🤖 AI Summary
This work addresses the susceptibility of IMU-provided gravity priors to interference from linear acceleration or vibration, a challenge that existing methods struggle to mitigate using only a single image. To this end, we propose GravCal, an end-to-end feedforward network that fuses image-based independent gravity estimation with a residual correction pathway. A learnable gating mechanism adaptively weights these components, jointly outputting a refined gravity direction and a confidence score correlated with prior quality. GravCal is the first method capable of correcting noisy IMU gravity priors using only a single RGB image. Evaluated on a newly curated dataset of 148K frames, it reduces the mean angular error from 22.02° to 14.24°, with particularly pronounced improvements under severely degraded priors. The predicted confidence effectively guides downstream tasks.
📝 Abstract
Gravity estimation is fundamental to visual-inertial perception, augmented reality, and robotics, yet gravity priors from IMUs are often unreliable under linear acceleration, vibration, and transient motion. Existing methods often estimate gravity directly from images or assume reasonably accurate inertial input, leaving the practical problem of correcting a noisy gravity prior from a single image largely unaddressed.
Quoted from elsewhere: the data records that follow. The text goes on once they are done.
-- ===== src/Case/Audit/Links.antt =====
-- services/shared/audit.py: the chain of a case or signal in the store, and what one transaction of
-- the writer does to it.
use mathlib.Core.Path.{fun_ext}
use aera_be.Prelude.{
  String, ℕ, ◌≡◌, ◌≢◌, refl, sym, ◌∙◌, true, false, Option, none, some, List, [], ◌∷◌, ◌++◌, arith,
  Option-cases, inl, inr, All,
}
use aera_be.Storage.{Write, Database, passes, written}
use aera_be.Case.Items.{Chain, StoreKey, head, event, StoreItem, head_item, event_item, AuditEvent}
use aera_be.Case.Audit.{
  genesis, Draft, draft_of, Entry, broken_from, verify_chain, new_event, audit_writes, head_of,
  head_stands,
}

-- The hash that the next event links to.
abbrev pub last_hash_from : String → List AuditEvent → String
last_hash_from h [] = h
last_hash_from h (e ∷ es) = last_hash_from e.hash es

abbrev pub last_id_from : Option ℕ → List AuditEvent → Option ℕ
last_id_from i [] = i
last_id_from i (e ∷ es) = last_id_from (some e.event_id) es

module _ (event_hash : Draft → String) where
  broken_from-snoc :
      (h : String) (es : List AuditEvent) (e : AuditEvent)
      → broken_from event_hash h es ≡ []
      → e.prev_hash ≡ last_hash_from h es
      → e.hash ≡ event_hash (draft_of e)
      → broken_from event_hash h (es ++ e ∷ []) ≡ []
  unfolding broken_from
  broken_from-snoc h [] e ok link own = ground arith
  broken_from-snoc h (x ∷ es) e ok link own = ground (arith, broken_from-snoc x.hash es e)

  last_hash-snoc :
      (h : String) (es : List AuditEvent) (e : AuditEvent)
      → last_hash_from h (es ++ e ∷ []) ≡ e.hash
  last_hash-snoc h [] e = refl
  last_hash-snoc h (x ∷ es) e = last_hash-snoc x.hash es e

  last_id-snoc :
      (i : Option ℕ) (es : List AuditEvent) (e : AuditEvent)
      → last_id_from i (es ++ e ∷ []) ≡ some e.event_id
  last_id-snoc i [] e = refl
  last_id-snoc i (x ∷ es) e = last_id-snoc (some x.event_id) es e

  module _ (c : Chain) where
    -- The item at the head of a chain of events.
    abbrev pub head_item_of : List AuditEvent → Option ℕ → Option StoreItem
    head_item_of es none = none
    head_item_of es (some id) =
        some (head_item (record { last_hash = last_hash_from genesis es; last_event_id = id }))

    -- The events of a chain as they stand in the store: linked, all stored, and the head is theirs.
    pub record IsChain (es : List AuditEvent) (view : StoreKey → Option StoreItem) : Type 0 where
      pub linked : verify_chain event_hash es ≡ []
      pub headed : view (head c) ≡ head_item_of es (last_id_from none es)
      pub stored : All (λ e. view (event c e.event_id) ≡ some (event_item e)) es

    -- The caller's own writes leave the chain alone.
    abbrev pub Aside : List (Write StoreKey StoreItem) → Type 0
    Aside ws = All (λ w. (w.key ≢ head c) × ((i : ℕ) → w.key ≢ event c i)) ws

    aside_at :
        (dec : Discrete StoreKey) (k : StoreKey) (ws : List (Write StoreKey StoreItem))
        (view : StoreKey → Option StoreItem)
        → All (λ w. w.key ≢ k) ws
        → written dec ws view k ≡ view k
    aside_at dec k [] view h = refl
    aside_at dec k (w ∷ ws) view h = ground (arith, aside_at dec k ws view h.1)

    Aside-head : (ws : List (Write StoreKey StoreItem)) → Aside ws → All (λ w. w.key ≢ head c) ws
    Aside-head [] h = tt
    Aside-head (w ∷ ws) h = (h.0.0, Aside-head ws h.1)

    Aside-event :
        (i : ℕ) (ws : List (Write StoreKey StoreItem)) → Aside ws → All (λ w. w.key ≢ event c i) ws
    Aside-event i [] h = tt
    Aside-event i (w ∷ ws) h = (h.0.1 i, Aside-event i ws h.1)

    last_id-some : (i : ℕ) (es : List AuditEvent) → last_id_from (some i) es ≢ none
    last_id-some i [] h = cc
    last_id-some i (e ∷ es) h = last_id-some e.event_id es h

    -- The head that a writer has read, and that still stands, is the head of the chain as it is.
    still_last :
        (o p : Option StoreItem) (previous : String × Option ℕ) (es : List AuditEvent)
        → head_of o ≡ some previous
        → head_stands previous p ≡ true
        → p ≡ head_item_of es (last_id_from none es)
        → previous.0 ≡ last_hash_from genesis es
    still_last o p (h, none) [] read stands now = ground arith
    still_last o p (h, none) (e ∷ es) read stands now =
        elim (Option-cases (last_id_from (some e.event_id) es)) [
          | inl x ↦ absurd (last_id-some e.event_id es x)
          | inr (j, x) ↦ ground arith
        ]
    still_last o p (h, some i) es read stands now = elim (Option-cases (last_id_from none es)) [
      | inl x ↦ ground arith
      | inr (j, x) ↦ ground arith
    ]

    module _ (candidate now : ℕ → ℕ) (db : Database StoreKey StoreItem) where
      module _ (n : ℕ) (x : Entry) (extra : List (Write StoreKey StoreItem))
          (previous : String × Option ℕ) (t : db.State) (mine : x.chain_key ≡ c)
          (aside : Aside extra)
          (passed : passes (audit_writes event_hash candidate now x n previous extra) (db.get t)
            ≡ true) where
        abbrev e' : AuditEvent
        e' = new_event event_hash candidate now x n previous

        abbrev t' : db.State
        t' = db.after (audit_writes event_hash candidate now x n previous extra) t

        new_head :
            db.get t' (head c)
            ≡ some (head_item (record { last_hash = e'.hash; last_event_id = e'.event_id }))
        new_head = ground (
          arith,
          mine,
          passed,
          db.get-after (audit_writes event_hash candidate now x n previous extra) t (head c),
        )

        new_stored : db.get t' (event c e'.event_id) ≡ some (event_item e')
        new_stored = ground (
          arith,
          mine,
          passed,
          db.get-after (audit_writes event_hash candidate now x n previous extra) t
              (event c e'.event_id),
        )

        old_stored :
            (i : ℕ) (y : AuditEvent)
            → db.get t (event c i) ≡ some (event_item y)
            → db.get t' (event c i) ≡ some (event_item y)
        old_stored i y h = ground (
          arith,
          mine,
          passed,
          h,
          db.get-after (audit_writes event_hash candidate now x n previous extra) t (event c i),
          aside_at db.same (event c i) extra (db.get t) (Aside-event i extra aside),
        )

        all_stored :
            (es : List AuditEvent)
            → All (λ y. db.get t (event c y.event_id) ≡ some (event_item y)) es
            → All (λ y. db.get t' (event c y.event_id) ≡ some (event_item y)) (es ++ e' ∷ [])
        all_stored [] h = (new_stored, tt)
        all_stored (y ∷ ys) h = (old_stored y.event_id y h.0, all_stored ys h.1)

        -- A transaction of the writer that goes through puts the event at the end of the chain.
        pub appended :
            (o : Option StoreItem) (es : List AuditEvent)
            → head_of o ≡ some previous
            → IsChain es (db.get t)
            → IsChain (es ++ e' ∷ []) (db.get t')
        unfolding verify_chain
        appended o es read h = record {
          linked =
              broken_from-snoc genesis es e' h.linked
                (still_last o (db.get t (head c)) previous es read (ground (arith, mine, passed))
                  h.headed)
                refl;
          headed = new_head ∙ sym (rw (last_id-snoc none es e', last_hash-snoc genesis es e'));
          stored = all_stored es h.stored;
        }

      -- Other writers keep the chain a chain: they only append to it.
      abbrev pub Appends : (db.State → db.State) → Type 0
      Appends f =
          (es : List AuditEvent) (s : db.State)
          → IsChain es (db.get s)
          → (more : List AuditEvent) × IsChain (es ++ more) (db.get (f s))

      pub refused_same :
          (ws : List (Write StoreKey StoreItem)) (t : db.State) (es : List AuditEvent)
          → passes ws (db.get t) ≡ false
          → IsChain es (db.get t)
          → IsChain es (db.get (db.after ws t))
      refused_same ws t es r h =
          let same : (k : StoreKey) → db.get (db.after ws t) k ≡ db.get t k =
            λ k. ground (arith, db.get-after ws t k) in
          rw (fun_ext same) h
We present GravCal, a feedforward model for single-image gravity prior calibration. Given one RGB image and a noisy gravity prior, GravCal predicts a corrected gravity direction and a per-sample confidence score. The model combines two complementary predictions, including a residual correction of the input prior and a prior-independent image estimate, and uses a learned gate to fuse them adaptively.
Extensive experiments show strong gains over raw inertial priors: GravCal reduces mean angular error from 22.02° (IMU prior) to 14.24°, with larger improvements when the prior is severely corrupted. We also introduce a novel dataset of over 148K frames with paired VIO-derived ground-truth gravity and Mahony-filter IMU priors across diverse scenes and arbitrary camera orientations. The learned gate also correlates with prior quality, making it a useful confidence signal for downstream systems.